## [Data under study]
____________

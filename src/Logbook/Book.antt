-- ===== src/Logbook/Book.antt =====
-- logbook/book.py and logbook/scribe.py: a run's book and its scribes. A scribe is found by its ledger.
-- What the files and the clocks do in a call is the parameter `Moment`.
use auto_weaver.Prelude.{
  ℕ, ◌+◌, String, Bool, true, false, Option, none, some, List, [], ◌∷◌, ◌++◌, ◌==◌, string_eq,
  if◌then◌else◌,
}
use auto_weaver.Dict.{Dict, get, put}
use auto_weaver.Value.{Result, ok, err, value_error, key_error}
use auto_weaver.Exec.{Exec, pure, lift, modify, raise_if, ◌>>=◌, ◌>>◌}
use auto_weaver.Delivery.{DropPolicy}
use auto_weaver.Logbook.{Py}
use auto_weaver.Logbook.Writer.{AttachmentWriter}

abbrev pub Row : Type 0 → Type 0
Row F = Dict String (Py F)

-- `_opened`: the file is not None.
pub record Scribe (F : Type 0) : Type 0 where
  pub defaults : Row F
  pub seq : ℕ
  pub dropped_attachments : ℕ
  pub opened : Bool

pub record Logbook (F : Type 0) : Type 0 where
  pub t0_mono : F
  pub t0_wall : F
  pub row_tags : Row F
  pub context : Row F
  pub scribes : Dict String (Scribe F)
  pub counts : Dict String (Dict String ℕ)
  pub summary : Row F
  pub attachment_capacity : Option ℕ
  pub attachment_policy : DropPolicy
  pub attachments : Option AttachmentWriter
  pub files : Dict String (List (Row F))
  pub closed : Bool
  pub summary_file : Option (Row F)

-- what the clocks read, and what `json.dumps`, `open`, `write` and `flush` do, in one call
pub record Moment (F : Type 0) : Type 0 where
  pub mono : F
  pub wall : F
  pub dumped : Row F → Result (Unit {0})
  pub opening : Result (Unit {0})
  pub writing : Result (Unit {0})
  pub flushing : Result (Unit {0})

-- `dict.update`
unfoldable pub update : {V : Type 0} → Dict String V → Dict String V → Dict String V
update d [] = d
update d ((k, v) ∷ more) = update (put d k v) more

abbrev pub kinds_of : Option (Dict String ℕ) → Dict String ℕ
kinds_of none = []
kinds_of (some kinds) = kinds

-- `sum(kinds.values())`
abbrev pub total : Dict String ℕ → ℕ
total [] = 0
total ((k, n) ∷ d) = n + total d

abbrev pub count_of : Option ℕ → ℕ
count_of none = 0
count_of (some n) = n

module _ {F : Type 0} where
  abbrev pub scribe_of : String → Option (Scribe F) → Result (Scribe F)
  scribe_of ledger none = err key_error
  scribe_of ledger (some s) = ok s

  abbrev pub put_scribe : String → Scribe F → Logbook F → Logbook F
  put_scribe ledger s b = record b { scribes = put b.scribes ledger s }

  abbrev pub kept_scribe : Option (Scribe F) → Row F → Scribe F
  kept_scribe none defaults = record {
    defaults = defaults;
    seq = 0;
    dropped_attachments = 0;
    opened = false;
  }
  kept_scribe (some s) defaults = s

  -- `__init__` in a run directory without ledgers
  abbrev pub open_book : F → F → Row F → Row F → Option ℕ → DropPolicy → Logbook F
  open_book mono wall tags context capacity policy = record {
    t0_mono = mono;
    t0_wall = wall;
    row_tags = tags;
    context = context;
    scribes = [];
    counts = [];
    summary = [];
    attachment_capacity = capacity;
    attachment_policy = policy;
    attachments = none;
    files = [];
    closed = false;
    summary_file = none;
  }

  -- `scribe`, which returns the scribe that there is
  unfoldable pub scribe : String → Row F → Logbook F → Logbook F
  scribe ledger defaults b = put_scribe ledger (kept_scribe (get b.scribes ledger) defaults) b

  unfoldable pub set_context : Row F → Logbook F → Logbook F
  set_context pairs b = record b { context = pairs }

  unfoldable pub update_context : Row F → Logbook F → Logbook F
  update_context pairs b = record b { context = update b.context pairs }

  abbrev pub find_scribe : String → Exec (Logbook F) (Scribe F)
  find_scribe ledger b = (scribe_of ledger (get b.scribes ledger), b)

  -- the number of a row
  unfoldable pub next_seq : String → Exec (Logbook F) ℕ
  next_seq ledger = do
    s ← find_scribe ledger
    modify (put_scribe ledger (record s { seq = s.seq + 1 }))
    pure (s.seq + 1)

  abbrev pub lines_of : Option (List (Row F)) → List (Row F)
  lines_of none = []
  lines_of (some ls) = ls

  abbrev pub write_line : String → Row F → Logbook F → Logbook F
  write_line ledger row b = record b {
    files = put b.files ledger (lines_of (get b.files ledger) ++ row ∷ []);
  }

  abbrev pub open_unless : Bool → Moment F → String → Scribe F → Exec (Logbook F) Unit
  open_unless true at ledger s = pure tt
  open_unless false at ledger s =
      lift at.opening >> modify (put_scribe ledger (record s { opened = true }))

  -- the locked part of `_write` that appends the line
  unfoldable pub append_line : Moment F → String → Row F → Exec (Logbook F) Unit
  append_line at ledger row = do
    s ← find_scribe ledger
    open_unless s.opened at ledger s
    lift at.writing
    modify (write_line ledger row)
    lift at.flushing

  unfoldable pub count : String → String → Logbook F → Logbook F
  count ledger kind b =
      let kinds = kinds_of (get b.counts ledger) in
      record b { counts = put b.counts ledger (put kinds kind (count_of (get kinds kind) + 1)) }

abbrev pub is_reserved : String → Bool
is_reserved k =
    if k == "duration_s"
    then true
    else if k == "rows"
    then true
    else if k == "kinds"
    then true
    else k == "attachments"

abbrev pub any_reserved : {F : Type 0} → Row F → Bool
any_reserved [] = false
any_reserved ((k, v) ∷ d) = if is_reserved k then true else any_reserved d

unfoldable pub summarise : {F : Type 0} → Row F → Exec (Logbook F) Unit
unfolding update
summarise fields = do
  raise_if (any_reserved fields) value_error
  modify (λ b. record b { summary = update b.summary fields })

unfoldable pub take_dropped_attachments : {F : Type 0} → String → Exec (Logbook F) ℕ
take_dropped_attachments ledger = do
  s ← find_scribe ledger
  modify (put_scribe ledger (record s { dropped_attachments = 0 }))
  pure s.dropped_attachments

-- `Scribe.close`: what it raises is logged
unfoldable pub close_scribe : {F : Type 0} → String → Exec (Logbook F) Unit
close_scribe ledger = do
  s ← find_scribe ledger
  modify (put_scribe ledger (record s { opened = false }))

____________

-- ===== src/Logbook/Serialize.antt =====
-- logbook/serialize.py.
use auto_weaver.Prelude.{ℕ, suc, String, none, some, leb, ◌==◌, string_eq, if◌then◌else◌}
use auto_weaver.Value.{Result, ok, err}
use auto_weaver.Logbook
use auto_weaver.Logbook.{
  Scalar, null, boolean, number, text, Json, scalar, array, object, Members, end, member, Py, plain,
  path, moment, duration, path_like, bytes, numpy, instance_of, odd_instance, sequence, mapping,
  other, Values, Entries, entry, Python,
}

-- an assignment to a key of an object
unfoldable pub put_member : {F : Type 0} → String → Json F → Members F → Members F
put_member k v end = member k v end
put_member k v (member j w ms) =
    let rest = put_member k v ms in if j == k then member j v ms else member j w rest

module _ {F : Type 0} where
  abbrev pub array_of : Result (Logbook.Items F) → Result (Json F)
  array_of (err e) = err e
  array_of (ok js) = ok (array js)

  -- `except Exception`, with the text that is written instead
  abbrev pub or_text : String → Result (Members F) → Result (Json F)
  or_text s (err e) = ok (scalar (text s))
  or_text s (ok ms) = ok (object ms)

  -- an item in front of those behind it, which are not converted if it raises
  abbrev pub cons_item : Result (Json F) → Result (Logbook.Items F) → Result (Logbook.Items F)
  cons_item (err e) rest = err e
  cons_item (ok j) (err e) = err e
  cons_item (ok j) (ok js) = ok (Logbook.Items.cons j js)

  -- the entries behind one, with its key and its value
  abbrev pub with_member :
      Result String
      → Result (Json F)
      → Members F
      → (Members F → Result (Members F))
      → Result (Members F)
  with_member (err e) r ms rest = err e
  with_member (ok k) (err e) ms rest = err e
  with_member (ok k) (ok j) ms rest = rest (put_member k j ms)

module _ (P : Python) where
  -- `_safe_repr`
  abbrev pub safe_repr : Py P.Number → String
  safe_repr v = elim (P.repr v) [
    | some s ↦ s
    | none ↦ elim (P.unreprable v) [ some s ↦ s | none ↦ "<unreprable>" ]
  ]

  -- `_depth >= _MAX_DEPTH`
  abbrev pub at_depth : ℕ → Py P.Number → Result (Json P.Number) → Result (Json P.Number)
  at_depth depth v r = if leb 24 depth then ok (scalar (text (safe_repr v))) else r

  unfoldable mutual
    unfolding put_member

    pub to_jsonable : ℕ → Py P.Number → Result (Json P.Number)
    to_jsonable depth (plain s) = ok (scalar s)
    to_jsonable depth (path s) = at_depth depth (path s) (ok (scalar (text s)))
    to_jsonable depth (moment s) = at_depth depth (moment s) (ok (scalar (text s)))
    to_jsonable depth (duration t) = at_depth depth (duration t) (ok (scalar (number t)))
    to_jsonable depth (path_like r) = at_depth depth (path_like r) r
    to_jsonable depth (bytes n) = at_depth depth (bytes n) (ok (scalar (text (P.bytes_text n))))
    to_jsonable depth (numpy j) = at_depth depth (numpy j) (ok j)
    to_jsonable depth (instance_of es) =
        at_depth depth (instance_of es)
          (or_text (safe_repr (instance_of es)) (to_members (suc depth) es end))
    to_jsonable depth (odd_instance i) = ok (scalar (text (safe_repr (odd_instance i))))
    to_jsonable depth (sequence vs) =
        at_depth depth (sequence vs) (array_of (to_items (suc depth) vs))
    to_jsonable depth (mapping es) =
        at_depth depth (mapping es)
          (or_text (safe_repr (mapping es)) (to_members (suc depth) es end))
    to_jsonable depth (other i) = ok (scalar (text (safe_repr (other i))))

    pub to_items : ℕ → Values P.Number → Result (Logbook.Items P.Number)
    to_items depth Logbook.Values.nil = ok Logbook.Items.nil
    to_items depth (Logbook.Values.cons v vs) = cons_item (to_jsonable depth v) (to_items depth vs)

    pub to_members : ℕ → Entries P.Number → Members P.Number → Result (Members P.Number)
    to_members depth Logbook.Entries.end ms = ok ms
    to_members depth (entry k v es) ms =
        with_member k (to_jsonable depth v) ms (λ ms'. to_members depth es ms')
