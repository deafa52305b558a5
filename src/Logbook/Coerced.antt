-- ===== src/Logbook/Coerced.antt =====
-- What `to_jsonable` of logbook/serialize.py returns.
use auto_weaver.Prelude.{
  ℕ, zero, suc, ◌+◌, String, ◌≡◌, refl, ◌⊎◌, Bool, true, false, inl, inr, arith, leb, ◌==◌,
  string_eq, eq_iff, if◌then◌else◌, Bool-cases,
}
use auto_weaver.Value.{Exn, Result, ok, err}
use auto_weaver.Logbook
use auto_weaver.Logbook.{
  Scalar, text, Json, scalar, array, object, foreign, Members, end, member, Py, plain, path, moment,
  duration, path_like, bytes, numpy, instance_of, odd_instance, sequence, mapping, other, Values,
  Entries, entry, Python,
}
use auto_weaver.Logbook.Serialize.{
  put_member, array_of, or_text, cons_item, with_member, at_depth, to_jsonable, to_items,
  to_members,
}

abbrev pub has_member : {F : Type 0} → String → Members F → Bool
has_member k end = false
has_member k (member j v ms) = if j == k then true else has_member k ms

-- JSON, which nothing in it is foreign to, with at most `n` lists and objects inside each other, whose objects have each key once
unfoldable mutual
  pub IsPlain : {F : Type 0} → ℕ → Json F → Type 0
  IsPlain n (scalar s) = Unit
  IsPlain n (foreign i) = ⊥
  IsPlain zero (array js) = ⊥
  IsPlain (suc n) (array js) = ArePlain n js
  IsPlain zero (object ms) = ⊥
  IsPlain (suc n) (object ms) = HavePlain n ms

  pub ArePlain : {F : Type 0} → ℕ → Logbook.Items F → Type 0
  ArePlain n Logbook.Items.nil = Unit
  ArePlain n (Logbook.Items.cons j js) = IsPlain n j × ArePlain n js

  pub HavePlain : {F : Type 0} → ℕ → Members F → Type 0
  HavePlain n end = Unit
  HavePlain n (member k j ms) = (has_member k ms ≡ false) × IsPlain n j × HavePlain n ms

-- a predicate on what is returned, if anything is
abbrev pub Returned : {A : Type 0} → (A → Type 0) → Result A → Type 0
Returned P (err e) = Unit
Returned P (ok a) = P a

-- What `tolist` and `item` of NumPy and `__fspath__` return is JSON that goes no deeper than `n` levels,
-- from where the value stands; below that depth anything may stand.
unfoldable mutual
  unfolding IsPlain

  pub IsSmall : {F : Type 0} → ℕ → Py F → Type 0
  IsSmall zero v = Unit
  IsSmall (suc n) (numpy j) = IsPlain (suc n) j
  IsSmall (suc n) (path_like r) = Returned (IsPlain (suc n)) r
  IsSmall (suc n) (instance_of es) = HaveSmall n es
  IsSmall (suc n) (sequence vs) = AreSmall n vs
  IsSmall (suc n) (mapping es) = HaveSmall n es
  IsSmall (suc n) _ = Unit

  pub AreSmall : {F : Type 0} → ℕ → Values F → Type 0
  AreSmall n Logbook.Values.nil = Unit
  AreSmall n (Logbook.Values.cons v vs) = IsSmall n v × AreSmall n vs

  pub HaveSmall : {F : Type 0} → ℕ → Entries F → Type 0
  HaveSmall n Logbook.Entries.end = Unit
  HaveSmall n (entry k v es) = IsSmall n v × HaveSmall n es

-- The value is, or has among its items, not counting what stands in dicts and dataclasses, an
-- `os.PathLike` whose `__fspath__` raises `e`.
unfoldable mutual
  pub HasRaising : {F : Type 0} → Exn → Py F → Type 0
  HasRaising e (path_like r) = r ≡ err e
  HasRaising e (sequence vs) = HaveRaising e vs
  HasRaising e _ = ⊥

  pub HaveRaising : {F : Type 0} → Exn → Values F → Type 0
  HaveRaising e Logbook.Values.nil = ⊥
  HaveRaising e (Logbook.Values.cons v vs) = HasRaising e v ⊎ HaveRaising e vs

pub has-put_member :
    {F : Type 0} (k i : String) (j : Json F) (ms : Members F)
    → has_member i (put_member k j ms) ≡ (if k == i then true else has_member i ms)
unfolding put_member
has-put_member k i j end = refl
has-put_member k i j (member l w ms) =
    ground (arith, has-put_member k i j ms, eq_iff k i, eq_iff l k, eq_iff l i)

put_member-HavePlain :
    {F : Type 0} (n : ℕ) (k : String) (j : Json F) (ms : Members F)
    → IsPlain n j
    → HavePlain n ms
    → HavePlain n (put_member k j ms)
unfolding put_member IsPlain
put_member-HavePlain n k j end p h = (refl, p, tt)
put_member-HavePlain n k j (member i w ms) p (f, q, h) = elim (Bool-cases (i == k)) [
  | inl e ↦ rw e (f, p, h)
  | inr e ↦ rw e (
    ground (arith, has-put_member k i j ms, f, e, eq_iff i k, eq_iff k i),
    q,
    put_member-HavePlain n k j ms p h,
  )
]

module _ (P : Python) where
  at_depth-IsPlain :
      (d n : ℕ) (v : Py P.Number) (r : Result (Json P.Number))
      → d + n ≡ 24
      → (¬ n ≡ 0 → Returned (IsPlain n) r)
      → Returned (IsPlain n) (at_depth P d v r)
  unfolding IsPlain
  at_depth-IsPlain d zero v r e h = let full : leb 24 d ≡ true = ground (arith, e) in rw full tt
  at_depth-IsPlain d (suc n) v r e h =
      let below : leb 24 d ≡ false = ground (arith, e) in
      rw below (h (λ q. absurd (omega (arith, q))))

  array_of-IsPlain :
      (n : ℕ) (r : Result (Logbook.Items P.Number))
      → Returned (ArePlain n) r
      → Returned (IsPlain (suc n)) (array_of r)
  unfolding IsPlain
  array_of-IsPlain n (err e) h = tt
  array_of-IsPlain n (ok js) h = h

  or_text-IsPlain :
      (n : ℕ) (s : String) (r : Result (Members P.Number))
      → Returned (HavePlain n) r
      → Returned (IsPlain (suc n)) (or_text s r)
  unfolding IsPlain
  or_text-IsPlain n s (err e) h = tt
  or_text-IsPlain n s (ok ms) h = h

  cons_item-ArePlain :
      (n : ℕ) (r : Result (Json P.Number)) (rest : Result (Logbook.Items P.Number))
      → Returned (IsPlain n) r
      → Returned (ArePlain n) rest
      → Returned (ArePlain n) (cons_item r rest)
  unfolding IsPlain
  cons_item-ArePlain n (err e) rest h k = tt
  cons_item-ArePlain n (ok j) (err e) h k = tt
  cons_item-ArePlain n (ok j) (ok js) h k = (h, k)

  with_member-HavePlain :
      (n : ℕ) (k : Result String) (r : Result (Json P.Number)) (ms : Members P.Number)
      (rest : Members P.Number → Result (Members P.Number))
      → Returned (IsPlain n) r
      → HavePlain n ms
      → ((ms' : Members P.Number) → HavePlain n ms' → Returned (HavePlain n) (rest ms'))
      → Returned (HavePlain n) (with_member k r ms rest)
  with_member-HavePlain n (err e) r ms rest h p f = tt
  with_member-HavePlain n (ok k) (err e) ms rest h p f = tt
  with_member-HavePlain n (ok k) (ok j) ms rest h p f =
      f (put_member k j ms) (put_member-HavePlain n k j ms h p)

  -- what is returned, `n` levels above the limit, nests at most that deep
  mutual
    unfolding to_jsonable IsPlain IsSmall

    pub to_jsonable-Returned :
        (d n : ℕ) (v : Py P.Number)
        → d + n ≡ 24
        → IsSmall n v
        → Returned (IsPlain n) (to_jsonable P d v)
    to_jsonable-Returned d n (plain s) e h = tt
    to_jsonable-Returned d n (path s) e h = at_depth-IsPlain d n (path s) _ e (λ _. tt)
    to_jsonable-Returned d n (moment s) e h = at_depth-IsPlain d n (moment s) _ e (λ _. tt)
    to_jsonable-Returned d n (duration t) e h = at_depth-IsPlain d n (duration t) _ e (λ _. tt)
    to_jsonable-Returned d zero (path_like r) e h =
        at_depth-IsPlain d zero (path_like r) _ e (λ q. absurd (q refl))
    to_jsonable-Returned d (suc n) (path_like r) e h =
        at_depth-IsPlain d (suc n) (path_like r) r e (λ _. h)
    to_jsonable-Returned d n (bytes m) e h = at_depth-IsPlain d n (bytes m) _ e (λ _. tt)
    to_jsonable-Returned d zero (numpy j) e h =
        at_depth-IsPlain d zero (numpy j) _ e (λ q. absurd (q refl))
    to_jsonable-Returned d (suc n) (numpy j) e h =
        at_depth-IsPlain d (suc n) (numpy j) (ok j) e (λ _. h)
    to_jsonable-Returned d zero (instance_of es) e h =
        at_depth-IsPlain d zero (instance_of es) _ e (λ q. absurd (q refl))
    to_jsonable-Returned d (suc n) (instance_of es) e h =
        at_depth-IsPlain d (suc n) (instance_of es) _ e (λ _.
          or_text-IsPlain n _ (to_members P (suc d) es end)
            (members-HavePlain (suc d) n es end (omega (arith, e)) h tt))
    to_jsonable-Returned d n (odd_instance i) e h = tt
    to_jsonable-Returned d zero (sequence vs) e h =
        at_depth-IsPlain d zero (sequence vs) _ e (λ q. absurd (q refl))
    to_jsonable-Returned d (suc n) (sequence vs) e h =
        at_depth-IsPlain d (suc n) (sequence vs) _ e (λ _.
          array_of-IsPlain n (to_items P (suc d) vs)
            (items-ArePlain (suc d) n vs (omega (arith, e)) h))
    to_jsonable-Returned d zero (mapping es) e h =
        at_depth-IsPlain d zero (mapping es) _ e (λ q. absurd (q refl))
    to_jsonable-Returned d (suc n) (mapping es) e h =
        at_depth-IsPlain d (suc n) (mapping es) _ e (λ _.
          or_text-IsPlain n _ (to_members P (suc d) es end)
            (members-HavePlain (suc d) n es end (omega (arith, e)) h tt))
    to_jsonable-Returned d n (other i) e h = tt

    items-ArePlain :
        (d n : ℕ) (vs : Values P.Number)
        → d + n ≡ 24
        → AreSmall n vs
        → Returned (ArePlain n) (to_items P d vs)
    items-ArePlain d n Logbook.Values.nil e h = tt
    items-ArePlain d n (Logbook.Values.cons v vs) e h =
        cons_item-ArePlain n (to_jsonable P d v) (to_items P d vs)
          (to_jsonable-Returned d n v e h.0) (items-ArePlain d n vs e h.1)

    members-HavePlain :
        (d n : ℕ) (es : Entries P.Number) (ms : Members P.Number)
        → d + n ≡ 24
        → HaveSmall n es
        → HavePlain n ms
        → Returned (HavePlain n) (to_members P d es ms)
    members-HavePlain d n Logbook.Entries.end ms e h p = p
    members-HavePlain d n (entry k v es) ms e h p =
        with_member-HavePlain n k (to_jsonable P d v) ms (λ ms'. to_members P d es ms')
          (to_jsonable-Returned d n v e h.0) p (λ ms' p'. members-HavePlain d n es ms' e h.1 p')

____________

## [Your objective]
From the line containing "abbrev pub total : Dict String ℕ → ℕ" down to the line containing "unfoldable pub scribe" in the material above, reproduce every line exactly, including the two end lines.

## [Finished task]
abbrev pub total : Dict String ℕ → ℕ
total [] = 0
total ((k, n) ∷ d) = n + total d

abbrev pub count_of : Option ℕ → ℕ
count_of none = 0
count_of (some n) = n

module _ {F : Type 0} where
  abbrev pub scribe_of : String → Option (Scribe F) → Result (Scribe F)
  scribe_of ledger none = err key_error
  scribe_of ledger (some s) = ok s

  abbrev pub put_scribe : String → Scribe F → Logbook F → Logbook F
  put_scribe ledger s b = record b { scribes = put b.scribes ledger s }

  abbrev pub kept_scribe : Option (Scribe F) → Row F → Scribe F
  kept_scribe none defaults = record {
    defaults = defaults;
    seq = 0;
    dropped_attachments = 0;
    opened = false;
  }
  kept_scribe (some s) defaults = s

  -- `__init__` in a run directory without ledgers
  abbrev pub open_book : F → F → Row F → Row F → Option ℕ → DropPolicy → Logbook F
  open_book mono wall tags context capacity policy = record {
    t0_mono = mono;
    t0_wall = wall;
    row_tags = tags;
    context = context;
    scribes = [];
    counts = [];
    summary = [];
    attachment_capacity = capacity;
    attachment_policy = policy;
    attachments = none;
    files = [];
    closed = false;
    summary_file = none;
  }

  -- `scribe`, which returns the scribe that there is
  unfoldable pub scribe : String → Row F → Logbook F → Logbook F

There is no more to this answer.